— Ты прав, стража не нужна. Все и так обходят этот дом, как зачумленный. А кроме того, Деограциаса вполне достаточно, чтобы отбить у соседей всякую охоту совать сюда нос. Можешь отослать своих людей, но вели им держать язык за зубами. А сам тем временем начни распутывать это дело.
Малатеста согласно кивнул и бросился вверх по лестнице, а в голове у него крутилась лишь одна мрачная и неотвязная мысль: как можно быстрее убраться из этого проклятого места.
В полной тишине врач принялся за работу. В середине комнаты на мраморном столе лежали останки, выловленные в водах Арно. От долгого пребывания в воде труп разложился гораздо быстрее. Казалось, достаточно малейшего прикосновения, чтобы отвалились куски плоти, которые повсюду свисали с тела.
Вонь была такая, что у Содерини закружилась голова. Ему пришлось опереться о стену, чтобы не упасть. Корбинелли протянул ему банку с каким-то снадобьем:
— Попробуйте эту мазь, Эччеленца. Самое лучшее средство в таких случаях, вы сами увидите.

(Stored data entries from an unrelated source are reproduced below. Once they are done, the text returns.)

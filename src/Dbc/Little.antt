-- ===== src/Dbc/Little.antt =====
-- What `raw_little` reads, as the bits of one little-endian number.
use Prim.Native.Nat.{bit_and, bit_or}
use go_mdf.Base.{
  ℕ, ◌+◌, ◌-◌, ◌*◌, ◌/◌, ◌%◌, ◌^◌, ◌≤◌, ◌<◌, ◌≡◌, refl, sym, ap, ap₂, ◌∙◌, true, false, none, some,
  [], ◌∷◌, ltb, leb, if◌then◌else◌, length, take, drop, All, ok, arith, inl, inr, Bool-cases,
  leb→le, leb→gt, ltb→lt, ltb→ge, le→leb, ge→ltb, gt→leb, take_all, All-take, All-drop,
}
use go_mdf.Base.Powers.{
  pow-pos, field-mod_le, mod-mod-pow_le, div-div-pow, mod-pow-add, div-mod-pow,
}
use native.Mathlib.Nat.{mod-lt, mod-mod, div-le_self, lt_of_le_of_lt}
use go_mdf.Base.Bits.{and_mask}
use go_mdf.Base.Uint64.{shl, shr, push_byte, push_byte_lem, or-shl'}
use go_mdf.Base.Words.{
  Bytes, IsByte, le_value, slice_from, index, le_value-drop, le_value-take, index_le,
}
use go_mdf.Dbc.Decode.{Signal, le_word_loop, le_word, mask, little_field, raw_little}

le_word_loop_lem : (bs : Bytes) → All IsByte bs → le_word_loop bs ≡ le_value bs % 2 ^ 64
unfolding le_word_loop le_value
le_word_loop_lem [] h = refl
le_word_loop_lem (b ∷ bs) (h, hs) =
    ap (λ t. push_byte t b) (le_word_loop_lem bs hs) ∙ push_byte_lem (le_value bs) b h ∙ omega arith

-- `leWord` is the low 64 bits, however long the slice.
pub le_word_lem : (p : Bytes) → All IsByte p → le_word p ≡ le_value p % 2 ^ 64
unfolding le_word
le_word_lem p h = le_word_loop_lem (take 8 p) (All-take IsByte 8 p h) ∙ cut
  where
    cut : le_value (take 8 p) % 2 ^ 64 ≡ le_value p % 2 ^ 64
    cut = elim (Bool-cases (leb 8 (length p))) [
      | inl long ↦
          ap (λ t. t % 2 ^ 64) (le_value-take p 8 (leb→le 8 _ long) h)
          ∙ mod-mod (le_value p) (2 ^ 64)
      | inr short ↦
          ap (λ t. le_value t % 2 ^ 64) (take_all 8 p (omega (arith, leb→gt 8 (length p) short)))
    ]

pub and-mask : (v len : ℕ) → v < 2 ^ 64 → len ≤ 64 → bit_and v (mask len) ≡ v % 2 ^ len
unfolding mask
and-mask v len hv hl = elim (Bool-cases (leb 64 len)) [
  | inl full ↦ let e : len ≡ 64 = omega (arith, leb→le 64 len full) in rw e (and_mask 64 v)
  | inr part ↦ rw part (and_mask len v)
]

-- The eight low bytes and the ninth, joined.
module _ (w o : ℕ) (ho : o ≤ 8) where
  low_eq : w % 2 ^ 64 / 2 ^ o ≡ w / 2 ^ o % 2 ^ (64 - o)
  low_eq =
      let e : 64 ≡ o + (64 - o) = omega arith in
      ap (λ t. w % 2 ^ t / 2 ^ o) e ∙ div-mod-pow w o (64 - o)

  low_fits : w % 2 ^ 64 / 2 ^ o < 2 ^ (64 - o)
  low_fits = rw low_eq (mod-lt (w / 2 ^ o) (pow-pos (64 - o)))

  high_eq : w / 2 ^ o / 2 ^ (64 - o) ≡ w / 2 ^ 64
  high_eq =
      let e : o + (64 - o) ≡ 64 = omega arith in div-div-pow w o (64 - o) ∙ ap (λ t. w / 2 ^ t) e

  split : w / 2 ^ o % 2 ^ 64 ≡ 2 ^ (64 - o) * (w / 2 ^ 64 % 2 ^ o) + w % 2 ^ 64 / 2 ^ o
  split =
      let e : 64 ≡ (64 - o) + o = omega arith in
      ap (λ t. w / 2 ^ o % 2 ^ t) e
      ∙ mod-pow-add (w / 2 ^ o) (64 - o) o
      ∙ ap₂ (λ a b. 2 ^ (64 - o) * (a % 2 ^ o) + b) high_eq (sym low_eq)

  nine_bytes : bit_or (shr (w % 2 ^ 64) o) (shl (w / 2 ^ 64 % 2 ^ 8) (64 - o)) ≡ w / 2 ^ o % 2 ^ 64
  nine_bytes =
      or-shl' (w / 2 ^ 64 % 2 ^ 8) (64 - o) o (w % 2 ^ 64 / 2 ^ o) (omega arith) low_fits
      ∙ ap (λ t. t * 2 ^ (64 - o) + w % 2 ^ 64 / 2 ^ o) (mod-mod-pow_le (w / 2 ^ 64) o 8 ho)
      ∙ omega (arith, split)

module _ (p : Bytes) (hp : All IsByte p) (sb o len : ℕ) (ho : o < 8) (hl : len ≤ 64) where
  module _ (fits : sb + (o + len + 7) / 8 ≤ length p) where
    low_word : le_word (drop sb p) ≡ le_value p / 2 ^ (8 * sb) % 2 ^ 64
    low_word =
        le_word_lem (drop sb p) (All-drop IsByte sb p hp)
        ∙ ap (λ t. t % 2 ^ 64) (le_value-drop p sb (omega arith) hp)

    ninth :
        ltb 64 (o + len) ≡ true → index p (sb + 8) ≡ ok (le_value p / 2 ^ (8 * sb) / 2 ^ 64 % 2 ^ 8)
    ninth h =
        let e : 8 * (sb + 8) ≡ 8 * sb + 64 = omega arith in
        index_le p (sb + 8) hp (omega (arith, ltb→lt 64 (o + len) h))
        ∙ ap (λ t. ok (le_value p / 2 ^ t % 2 ^ 8)) e
        ∙ ap (λ t. ok (t % 2 ^ 8)) (sym (div-div-pow (le_value p) (8 * sb) 64))

    joined :
        bit_and (le_value p / 2 ^ (8 * sb) / 2 ^ o % 2 ^ 64) (mask len)
        ≡ le_value p / 2 ^ (8 * sb) / 2 ^ o % 2 ^ len
    joined =
        and-mask _ len (omega arith) hl
        ∙ mod-mod-pow_le (le_value p / 2 ^ (8 * sb) / 2 ^ o) len 64 hl

    short_field :
        ltb 64 (o + len) ≡ false
        → bit_and (le_value p / 2 ^ (8 * sb) % 2 ^ 64 / 2 ^ o) (mask len)
          ≡ le_value p / 2 ^ (8 * sb) / 2 ^ o % 2 ^ len
    short_field h =
        and-mask _ len (lt_of_le_of_lt (div-le_self _ (2 ^ o)) (omega arith)) hl
        ∙ field-mod_le (le_value p / 2 ^ (8 * sb)) o len 64 (ltb→ge 64 (o + len) h)

    pub little_field_lem :
        little_field p sb o len ≡ ok (le_value p / 2 ^ (8 * sb) / 2 ^ o % 2 ^ len)
    unfolding little_field slice_from
    little_field_lem =
        rw (ge→ltb (length p) sb (omega arith), low_word)
          (elim (Bool-cases (ltb 64 (o + len))) [
            | inl wide ↦ rw (wide, ninth wide, nine_bytes _ o (omega arith)) (ap ok joined)
            | inr narrow ↦ rw narrow (ap ok (short_field narrow))
          ])

module _ (s : Signal) (p : Bytes) (hp : All IsByte p) (hi : s.len ≤ 64) where
  -- The field's bits are those at `start_bit` and above, in the little-endian number that the
  -- whole payload is; there is no value exactly if they are not all in the payload.
  pub raw_little_lem :
      1 ≤ s.len
      → raw_little s p ≡ (
          if leb (s.start_bit + s.len) (8 * length p)
          then ok (some (le_value p / 2 ^ s.start_bit % 2 ^ s.len))
          else ok none)
  unfolding raw_little
  raw_little_lem lo =
      elim (Bool-cases (ltb (length p) (s.start_bit / 8 + (s.start_bit % 8 + s.len + 7) / 8))) [
        | inl short ↦
            rw
              (short, gt→leb (s.start_bit + s.len) (8 * length p) (omega (arith, ltb→lt _ _ short)))
        | inr fits ↦ rw (
          fits,
          le→leb (s.start_bit + s.len) (8 * length p) (omega (arith, ltb→ge _ _ fits)),
          little_field_lem p hp (s.start_bit / 8) (s.start_bit % 8) s.len (omega arith) hi
              (omega (arith, ltb→ge _ _ fits)),
          at_bit,
        )
      ]
    where
      at_bit :
          le_value p / 2 ^ (8 * (s.start_bit / 8)) / 2 ^ (s.start_bit % 8)
          ≡ le_value p / 2 ^ s.start_bit
      at_bit =
          let e : 8 * (s.start_bit / 8) + s.start_bit % 8 ≡ s.start_bit = omega arith in
          div-div-pow (le_value p) _ _ ∙ ap (λ t. le_value p / 2 ^ t) e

Содерини зачерпнул пальцем немного мази, которую предлагал врач, и нанес толстым слоем на верхнюю губу. Резкий запах камфары ударил в нос, и тошнота почти сразу же прошла.
— Наш приятель в скверном состоянии, — произнес Марко безо всякого выражения.
— Он разлагается на удивление быстро. Боюсь, что внутри все уже прогнило.
При этих словах гонфалоньер не сумел скрыть гримасу отвращения. Врач предложил ему последнюю возможность не присутствовать при зловещей операции:
— Вам не обязательно оставаться, Эччеленца. Вы можете спокойно подождать наверху. Марко привык мне помогать.
— Ничего. Вряд ли внутри будет хуже, чем снаружи, в любом случае мой желудок уже пуст.
— Хорошо, тогда приступим.
Вооружившись ножом, Корбинелли провел сложную линию на том, что осталось от туловища. Затем он просунул голые руки в тонкий разрез и раздвинул его, так что открылась грудная клетка. То, что он там увидел, судя по его довольной улыбке, кое-что сулило.
— Внутренности сохранились намного лучше, чем я думал. Сердце почти не повреждено, если не считать вот этой смертельной раны.
— Чем это могли сделать? Кинжалом?
— Нет, разрез куда более тонкий и ровный. Я склоняюсь к тому, что это, скорее всего, было какое-то заостренное оружие. Стилет или нечто вроде длинной иглы. Он наверняка почувствовал просто укол.
— Его конец был легче, чем все, что ему предшествовало, — вздохнул гонфалоньер, в то время как Корбинелли продолжал разрезать ткани. — Что ты там еще нашел?
При ярком свете свечи врач внимательно осмотрел печень, потом остальные органы и не нашел ничего примечательного.
— Прежде чем его умертвить, они тщательно обходили жизненно важные органы. Этот человек мог бы жить еще много часов, если бы убийца не решил с ним покончить.
— Как ты думаешь, его пытали долго?
— Я бы сказал, не меньше часа или двух, если убийца работал быстро, а если не спешил, то часа три или четыре.
Гонфалоньер побледнел.
— Так мы ни к чему не придем. Лучше сожжем его и забудем обо всем как можно скорее!
— Сначала я хотел бы посмотреть, что у него в желудке. Как знать, что это даст.
Корбинелли отделил пищевод, затем кишки, потом вынул желудок мертвеца и положил его на холодный мрамор. Он снова взял нож и осторожно рассек внешнюю оболочку.
— На мой взгляд, последний раз он ел по меньшей мере за двадцать часов до смерти. Съел он тогда кусок кулебяки с курятиной и запил красным вином.
Не колеблясь, врач погрузил руки в желудок, что вызвало новый приступ тошноты у Содерини. Он отдал бы все на свете, чтобы не видеть этого посмертного кулинарного опыта, от которого Корбинелли, казалось, получал истинное удовольствие.
Он уже готов был незаметно уйти, рискуя пропустить описание последних составляющих меню, когда врач издал глухое восклицание.
— Что там? Ты нашел что-то интересное?
— Говорил же я вам, что желудок человека расскажет о нем больше, чем его собственный исповедник. Дай-ка мне ту тряпку, Марко, сейчас рассмотрим это поближе.
Кончиком щипцов он ухватил крошечную синюю чешуйку и осторожно положил ее на чистую тряпку. Затем снова порылся в желудке и вытащил еще одну чешуйку, на сей раз ярко-желтого цвета.
— Что это может быть? — спросил мальчик.
— Я уже такое видел однажды, когда вскрывал труп одного художника. Его желудок был забит маленькими чешуйками краски, такими же, как эти.